AKURAT.CO  Abu Nawas dikenal sebagai penyair dan juga sosok jenaka yang penuh dengan kecerdasan. Sejak tinggal di Baghdad, Abu Nawas memiliki hubungan kedekatan dengan Baginda Raja Harun Ar-Rasyid karena dirinya selalu dapat memberikan solusi atas segala macam masalah kenegaraan.

Namun namanya juga manusia. Di saat sudah mendapat posisi dan jabatan yang diinginkan, disitu pasti ada yang tidak suka. Hal ini terbukti terjadi pada diri Abu Nawas. Atas dasar kedekatannya dengan Baginda, sehingga tak sedikit membenci dan menaruh dendam kepada Abu Nawas.
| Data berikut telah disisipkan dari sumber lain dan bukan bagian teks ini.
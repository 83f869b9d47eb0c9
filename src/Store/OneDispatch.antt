-- ===== src/Store/OneDispatch.antt =====
-- internal/store/effect.go: no side effect is dispatched twice without evidence in between.
use mar.Prelude.{
  ℕ, ◌+◌, ◌≤◌, ◌≡◌, refl, Bool, true, false, ◌&&◌, List, [], ◌∷◌, ◌==◌, if◌then◌else◌, arith,
  Option,
}
use mar.Sql.{count_where}
use mar.Domain.Task.{Project, Task, ExecutionAttempt}
use mar.Domain.Control.{TaskControl}
use mar.Domain.Effect.{EffectRecord, ObservationOutcome, is_not_applied}
use mar.Store.{Db, Result, ok, err}
use mar.Store.Effects.{prepare_effect, mark_effect_dispatched, observe_effect, rearm_not_applied}
use mar.Store.Tame.{On}
use mar.Store.History.{settle}
use mar.Store.Dispatches.{open_rows}
use mar.Store.EffectBounds.{
  once, mark_effect_dispatched-bound, observe_effect-bound, rearm_not_applied-bound,
  prepare_effect-bound,
}

-- The calls on effects, and `elsewhere`, any change of the other tables.
pub data EffectCall : Type 0 where
  prepares : (ℕ → Option ℕ) → EffectRecord → EffectCall
  dispatches : ℕ → ℕ → ℕ → ℕ → ℕ → EffectCall
  observes : ℕ → ObservationOutcome → ℕ → ℕ → EffectCall
  rearms : ℕ → ℕ → EffectCall
  elsewhere : List Project → List Task → List ExecutionAttempt → List TaskControl → EffectCall

abbrev pub is_ok {ℓ} : {A : Type ℓ} → Result A → Bool
is_ok (ok _) = true
is_ok (err _) = false

module _ (json_valid : ℕ → Bool) where
  unfoldable pub effect_step : Db → EffectCall → Db
  effect_step db (prepares encode r) = settle db (prepare_effect encode r db)
  effect_step db (dispatches o t a e now) = settle db (mark_effect_dispatched o t a e now db)
  effect_step db (observes o outcome result now) =
      settle db (observe_effect json_valid o outcome result now db)
  effect_step db (rearms o now) = settle db (rearm_not_applied o now db)
  effect_step db (elsewhere projects tasks attempts controls) = record db {
    projects = projects;
    tasks = tasks;
    attempts = attempts;
    controls = controls;
  }

  -- The call dispatches the operation, and succeeds.
  unfoldable pub is_dispatch : ℕ → Db → EffectCall → Bool
  is_dispatch operation db (dispatches o t a e now) =
      o == operation && is_ok (mark_effect_dispatched o t a e now db)
  is_dispatch operation db _ = false

  -- The call records that the operation was not applied, and succeeds.
  unfoldable pub is_denial : ℕ → Db → EffectCall → Bool
  is_denial operation db (observes o outcome result now) =
      o == operation
      && (is_not_applied outcome && is_ok (observe_effect json_valid o outcome result now db))
  is_denial operation db _ = false

  -- How often `test` holds of a call of the history, in the store at that point.
  unfoldable pub tally : (Db → EffectCall → Bool) → Db → List EffectCall → ℕ
  tally test db [] = 0
  tally test db (c ∷ cs) = once (test db c) + tally test (effect_step db c) cs

settle-bound {ℓ} :
    {A : Type ℓ} (operation : ℕ) (n m : ℕ) (db : Db) (r : Result (A × Db))
    → On (λ _ db'. n + open_rows operation db'.effects ≤ open_rows operation db.effects + m) r
    → (if is_ok r then n else 0) + open_rows operation (settle db r).effects
      ≤ open_rows operation db.effects + (if is_ok r then m else 0)
settle-bound operation n m db (ok (a, db')) h = h
settle-bound operation n m db (err e) h = omega arith

once-and : (b c : Bool) → once (b && c) ≡ (if c then once b else 0)
once-and b c = ground arith

and_assoc : (a b c : Bool) → (a && (b && c)) ≡ (a && b && c)
and_assoc a b c = ground arith

module _ (json_valid : ℕ → Bool) where
  effect_step-bound :
      (operation : ℕ) (db : Db) (c : EffectCall)
      → once (is_dispatch json_valid operation db c)
          + open_rows operation (effect_step json_valid db c).effects
        ≤ open_rows operation db.effects + once (is_denial json_valid operation db c)
  unfolding effect_step is_dispatch is_denial
  effect_step-bound operation db (prepares encode r) =
      let h =
        settle-bound operation 0 0 db (prepare_effect encode r db)
          (prepare_effect-bound operation encode r db) in
      ground arith
  effect_step-bound operation db (dispatches o t a e now) =
      let h =
        settle-bound operation (once (o == operation)) 0 db (mark_effect_dispatched o t a e now db)
          (mark_effect_dispatched-bound operation o t a e now db) in
      let both = once-and (o == operation) (is_ok (mark_effect_dispatched o t a e now db)) in
      ground arith
  effect_step-bound operation db (observes o outcome result now) =
      let r = observe_effect json_valid o outcome result now db in
      let h =
        settle-bound operation 0 (once (o == operation && is_not_applied outcome)) db r
          (observe_effect-bound operation o outcome result now json_valid db) in
      ground arith
  effect_step-bound operation db (rearms o now) =
      let h =
        settle-bound operation 0 0 db (rearm_not_applied o now db)
          (rearm_not_applied-bound operation o now db) in
      ground arith
  effect_step-bound operation db (elsewhere projects tasks attempts controls) = omega arith

  dispatches-bound :
      (operation : ℕ) (db : Db) (cs : List EffectCall)
      → tally json_valid (is_dispatch json_valid operation) db cs
        ≤ open_rows operation db.effects + tally json_valid (is_denial json_valid operation) db cs
  unfolding tally
  dispatches-bound operation db [] = omega arith
  dispatches-bound operation db (c ∷ cs) = omega (
    arith,
    effect_step-bound operation db c,
    dispatches-bound operation (effect_step json_valid db c) cs,
  )

  -- In any history that begins without effects, one operation is dispatched at most once more
  -- often than it is recorded as NOT_APPLIED.
  pub dispatched_once :
      (operation : ℕ) (db : Db) (cs : List EffectCall)
      → db.effects ≡ []
      → tally json_valid (is_dispatch json_valid operation) db cs
        ≤ 1 + tally json_valid (is_denial json_valid operation) db cs
  unfolding count_where
  dispatched_once operation db cs none_yet =
      let h = dispatches-bound operation db cs in
      let one : open_rows operation db.effects ≡ 1 = rw none_yet refl in omega (arith, h, one)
Salah satunya seorang yang selanjutnya kita sebut dengan nama Fulan.

Kisah ini bermula ketika suatu hari, si Fulan datang ke istana kerajaan untuk menceritakan sebuah kejadian yang baru saja ia alamai.

"Mohon ampun Paduka yang mulia, hamba ingin melaporkan perbuatan buruk salah satu orang kepercayaan Baginda" kata si Fulan serius.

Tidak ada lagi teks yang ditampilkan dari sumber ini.